Figure-1 compares the J-mediated ¹³C ODNP and direct ¹³C ODNP amplified NMR spectra of two ¹³C isotope labeled molecules, [2,¹³C]-glycine (Gly) and ¹³C-dimethylamine (DMA), acquired at 25 °C and in a 0.35 T magnetic field by an electromagnet. The ¹³C-DEPT-ODNP spectrum exhibits triplet and quartet signals in Gly and DMA, respectively, whereas an antiphase ¹³C signals were observed in ¹³C-INEPT-ODNP spectra for both molecules. Remarkably, about 30-fold higher ¹³C signal enhancement is achieved when using J-mediated ¹³C ODNP, compared to the signal obtained by the direct ¹³C ODNP. This comparison is made for ¹³C signal that is accumulated over a 10 min experimental time. Given the leakage factor, a parameter which typically takes the contribution of proton T₁ relaxation mechanism driven by the interaction with electron spin into account, was found to be close to 1 in both Gly and DMA samples (Table-S1), we can assume that the paramagnetic spin label at the concentration used in this study can efficiently relax and polarize the entire proton spin bath of the sample. Although the J-coupled protons represent a minor population of the entire proton bath of the sample, we have verified that the DNP-hyperpolarization of the protons can be efficiently transferred to ¹³C through J-coupling (Figure-S3). Because protons with much shorter T₁ relaxation time than ¹³C T₁ are rapidly pre-polarized via the ¹H ODNP mechanism, it leads to 10 to 30-fold faster DNP build-up rates¹¹ compared to directly polarizing ¹³C spins, yielding much higher sensitivity upon signal averaging over the same measurement time.

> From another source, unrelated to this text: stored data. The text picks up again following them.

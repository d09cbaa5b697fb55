-- ===== src/Performance/Exceeding.antt =====
-- What `checkThresholds` of src/PerformanceMonitor.cpp reports.
use barren_engine.Common.{
  ℕ, Bool, true, false, ◌||◌, ◌≡◌, arith, ltb, ltb_int, pos, if◌then◌else◌, Doubles, bytes_key,
}
use barren_engine.Performance.Types.{PerformanceThresholds, PerformanceMonitor}
use barren_engine.Performance.Operations.{apply_optimizations, update_metrics, reset_metrics}
use barren_engine.Performance.Checks.{first, customs, exceeded, Checks}

module _ {D : Type 0} ⦃d : Doubles D⦄ where
  -- One check after another.
  abbrev both :
      (PerformanceMonitor D → PerformanceMonitor D × Bool)
      → (PerformanceMonitor D → PerformanceMonitor D × Bool)
      → PerformanceMonitor D
      → PerformanceMonitor D × Bool
  both c c' m = let r = c m in let r' = c' r.0 in (r'.0, r.1 || r'.1)

  -- What follows the checks.
  abbrev optimized : Bool → PerformanceMonitor D → PerformanceMonitor D
  optimized b m = if b then apply_optimizations m else m

  -- No threshold is negative.
  pub record IsNonnegative (t : PerformanceThresholds D) : Type 0 where
    pub cpu_usage : d.less t.max_cpu_usage (d.of_nat 0) ≡ false
    pub frame_time : ltb_int t.max_frame_time (pos 0) ≡ false
    pub update_time : ltb_int t.max_update_time (pos 0) ≡ false
    pub render_time : ltb_int t.max_render_time (pos 0) ≡ false
    pub network_time : ltb_int t.max_network_time (pos 0) ≡ false

  -- `updateMetrics` of a monitor that runs leaves the metrics that `resetMetrics` leaves, but for the
  -- number of threads and the custom metrics; with thresholds that are not negative, nothing is then left to
  -- report but the custom metrics, whatever had been measured before.
  pub exceeded-update_metrics :
      (threads now : ℕ) (m : PerformanceMonitor D)
      → m.running ≡ true
      → IsNonnegative m.thresholds
      → ((update_metrics threads now m).metrics ≡ record (reset_metrics m).metrics {
        thread_count = threads;
        custom_metrics = m.metrics.custom_metrics;
      })
        × (exceeded (update_metrics threads now m)
            ≡ customs m.metrics.custom_metrics m.custom_thresholds)
  unfolding exceeded first update_metrics reset_metrics
  exceeded-update_metrics threads now m h t =
      let e : ltb m.thresholds.max_memory_usage 0 ≡ false = ground arith in
      let f : ltb m.thresholds.max_packet_loss 0 ≡ false = ground arith in
      let g : ltb m.thresholds.max_latency 0 ≡ false = ground arith in
      (
        simp (update_metrics, h),
        simp (
          update_metrics, h, t.cpu_usage, t.frame_time, t.update_time, t.render_time,
          t.network_time, e, f, g,
        ),
      )
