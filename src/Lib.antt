-- ===== src/Lib.antt =====
-- niubix, a layer-7 reverse proxy in C++. An acceptor hands each connection to a worker thread; the
-- worker's `evpoll` dispatches the events of its descriptors, its `timer_qheap` holds the timeouts
-- and repeated checks, and a `ringq` holds the tasks handed to it and the data that a socket has not
-- yet taken. A frontend connection parses requests and asks its `app` for a backend, which the app
-- chooses by smooth weighted round robin among the backends that health checks and the
-- administrator leave in service.
--
-- Which file models which part (paths are from the repository's root):
--
-- Base and its children: names, Boolean tests, lists under native indices and signed integers.
--
-- Ringq (src/ringq.h): the template's members are the record `Ringq`; `push_back`, `pop_front`,
--   `front`, `grow`, `empty` and `full` keep their names. The item type is a parameter with
--   `blank`, the value that a new slot holds. `Ringq.Inv` has the well-formedness of a ring,
--   `Ringq.Refine` the items it holds as a list, and `Ringq.Run` histories of calls.
--
-- App (src/app.h, src/app.cpp): `app::backend` is the record `Backend`, and the mutex makes each
--   operation one step: `backend_online`, `backend_offline`, `set_backend_down`,
--   `set_backend_weight` and `get_backend_by_smooth_wrr`, whose loop is `wrr_loop`. `App.Pass` and
--   `App.Choice` describe one selection, `App.Total` and `App.Balanced` what it keeps,
--   `App.Fair`, `App.Bounds` and `App.Cycle` sequences of selections, `App.Health` the checks and
--   `App.Hosts` the administrator's setters.
--
-- Timer (src/timer_qheap.h, src/timer_qheap.cpp): the heap is a list of pointers into a store of
--   items, which handlers share through `ti`. `schedule`, `cancel`, `pop_min`, `handle_expired`,
--   `on_read` and `adjust_timerfd` keep their names, `shift_up` and `shift_down` have their loops as
--   `up_loop` and `down_loop`. A handler's `on_timeout` is a parameter. `Timer.Array` and
--   `Timer.Heap` have the lemmas on the array and the heap order, `Timer.Ops` the operations,
--   `Timer.Due` and `Timer.Expire` the loop over due items, and `Timer.Cancel` what cancelling does.
--
-- Parser (src/http_parser.h, src/http_parser.cpp): `http_parser` is the record `Parser`, whose
--   pointers are indices into the buffer. `Parser.RequestLine`, `Parser.HeaderLine`,
--   `Parser.Chunked` and `Parser.Uri` have `parse_request_line`, `parse_header_line`,
--   `parse_chunked` and `parse_uri`, each with its `switch` as a step by state and character and its
--   `for` as a loop over the characters; `Print` and `Size` are about well-formed input, `Bounds`
--   about every input, and `Resume` about a second call.
--
-- Decode (src/http.cpp): `url_decode` with its loop `url_loop`, and `htoi`. `Decode.Inplace` compares
--   it with decoding into a new string, `Decode.Encode` with encoding.
--
-- Wakeup (src/worker.h, src/worker.cpp): `worker_wakeup`, the eventfd by which a worker is woken.
--
-- IoHandle (src/io_handle.h, src/io_handle.cpp): `io_handle` over a `Ringq` of buffers. The bytes that
--   the kernel takes at each `::send` are inputs, and `wire` is what it has taken. `IoHandle.Queue`
--   has the bytes that wait, `IoHandle.Loop` the loop of `on_write`, `IoHandle.Stream` the results.
--
-- Evpoll (src/evpoll.h, src/evpoll.cpp, src/poll_desc.h): the table of descriptors with `add`,
--   `append` and `remove`, over the interface `Epoll` of the kernel's `epoll_ctl`; `Evpoll.Agree`
--   compares the table with the kernel's interest list, `Evpoll.Resume` pauses and resumes a
--   descriptor, and `Evpoll.Dispatch` is one ready event of `run`, with the handlers as parameters.
--
-- Session (src/http_frontend.cpp, src/backend.cpp, src/task_in_worker.cpp): a client connection, its
--   connection to a backend and the tasks between them, as one state; a C++ method is a function of
--   that state, with the side's name where both classes have the method. `Session.Inv` has the
--   invariant, `Session.Events` and `Session.Tasks` its steps, `Session.Reach` the step relation.
--   `Session.Open` has `on_open` and `to_connect_backend` of the frontend, by which a session begins,
--   `Session.Open.Accept` how that ends, and `Session.Reads` reads from the backend.
--
-- Request (src/http_frontend_handle_req.cpp, src/http_frontend.cpp): how a frontend reads requests.
--   `Request.State` has its members and small methods, `Request.Text` what is used of the C library on
--   strings, `Request.Filter` `filter_headers`, `Request.Complete` `a_complete_req`, and
--   `Request.Handle` `handle_data` and `handle_request` over the automata of Parser. A null host that is
--   compared and a negative length that is copied are outcomes of their own. `Request.Keeps` has what
--   stays as it is on the way; `Request.Ends`, `Request.Body`, `Request.Partial`, `Request.Rewrite` and
--   `Request.Room` are about the ends, a body in pieces, the buffer of a partial request, the changed
--   header and its array.
--
-- Config (src/app.cpp, src/app.h, src/inet_addr.h): `app::load_conf`. `Config.Addr` has `parse_ip_port`
--   and `parse_v4_addr`, `Config.Load` the values of the configuration and the loop over the backends,
--   `Config.Apps` the loop over the apps, and `Config.Good` and `Config.Valid` what holds of an accepted
--   configuration;
--   `Config.Match` has `app::match_app_by_host`. `Config.Process` (src/conf.h, src/conf.cpp) has
--   `conf::load`, and `Config.Process.Accepted` what it accepts.
--   What the JSON library gives for a key is an input.
--
-- Async (src/async_taskq.h, src/async_taskq.cpp): `async_taskq`, by which threads hand tasks to a worker.
--   `push` and `on_read` are cut into the steps between which other threads run; `Async.Order` is about
--   every interleaving of them.
--
-- Http (src/http.h, src/http.cpp): the tables `err_codes` and `err_msgs`, as functions of `HttpErr`, in
--   `Http.Replies`, and `get_reason` in `Http.Reason`; `Http.Framing` reads the replies as a client does.
--
-- Acceptor (src/acceptor.h, src/acceptor.cpp): a listening socket, with `open` as `open_acceptor` over the
--   results of its system calls, and the accept loop. `Acceptor.Setup` is about the one, `Acceptor.Hears`
--   about the other under events of the poller and the timer.
--
-- Connector (src/connector.cpp): `connect` and `nblock_connect` over the results of their system calls, and
--   `in_progress_connect` as the state `Pending` under the events of the poller and its timer. The
--   handler is seen by the calls that it gets. `Connector.Once` is about a connect in progress,
--   `Connector.Setup` about `connect`.
--
-- HealthCheck (src/health_check.cpp): a probe and its check as one state. Its period uses `connect` of
--   Connector and the health state of App; `HealthCheck.Verdict` is about an open probe under any events,
--   `HealthCheck.Period` about the start of one, and `HealthCheck.Pending` about its connect.
--
-- Admin (src/admin.cpp): the administrator's connection. `Admin.Query` has `parse_query_params`,
--   `Admin.Commands` the commands, which use the setters of App, and `a_complete_req`, which uses Decode
--   and Parser, and `Admin.Requests` `handle_request` and `on_read`. A command that throws is a result of
--   its own. `Admin.Reply` reads the replies as a client does; `dump` of the JSON library is a parameter.
--
-- Start (src/app.cpp): `app::run_all`, which opens the acceptors of every worker; `Start.Opened` is about
--   what is running then.
--
-- Activity (src/worker_timing_event.cpp): the check for silent and slow clients.
--
-- Numbers: sizes, indices and times are natural numbers without an upper bound, signed members are
-- integers; overflow of `int` and `int64_t` is not modelled, except for the parser's version and
-- chunk size, and `App.Bounds` says how large the running values of the selection become.
--
-- Fuel: `up_loop` gets its start index, which shrinks in every round, and `down_loop` the number of
-- slots, since its index grows in every round. `grow` copies as many items as there are slots.
-- `url_loop` gets the length of the string, of which every round takes a character.
-- `headers_loop` and `requests_loop` get one round more than there are bytes, of which each round reads
-- at least one; `Request.Ends` proves that enough, and `Admin.Requests.Ends` for the administrator's.
-- `digits` gets one round more than the number's value, and `accept_loop` the 64 rounds of the code.
-- `write_loop` gets the length of the queue, as the loop's bound in the code.
-- `handle_expired` gets fuel from its caller; one round more than items were ever allocated is enough
-- if the handlers leave the timers alone.
--
-- Not modelled: system calls, threads, logging, TLS, the copy of nlohmann/json, start-up,
-- starting and pinning the threads of the workers, periodic log lines, and the chunked branches of the
-- request handling, which are never reached.
pub mod Base
pub mod Ringq
pub mod Acceptor
pub mod Start
pub mod Activity
pub mod Admin
pub mod App
pub mod Timer
pub mod Parser
pub mod Decode
pub mod Wakeup
pub mod IoHandle
pub mod Session
pub mod Evpoll
pub mod Request
pub mod Config
pub mod Async
pub mod HealthCheck
pub mod Http
pub mod Connector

Thermally-polarized ¹³C signals are not shown in Fig. 1, as they cannot be detected under our experimental condition.¹¹ If the nitroxide radicals can be localized to exclusively polarize the nuclear populations of the volume in which the radicals are residing, this provides contrast between the different nanometer scale compartments, e.g. the liposomal interior and exterior.

Figure 1.

Proton-coupled ¹³C NMR spectra of 2.5 M [2,¹³C]-glycine (Gly, left column), and 10 M ¹³C-dimethylamine (DMA, right column) with 25 mM stable nitroxide radical, 4-amino-TEMPO, accumulated in the same experimental time (10 mins) at 25 °C and 0.35 T.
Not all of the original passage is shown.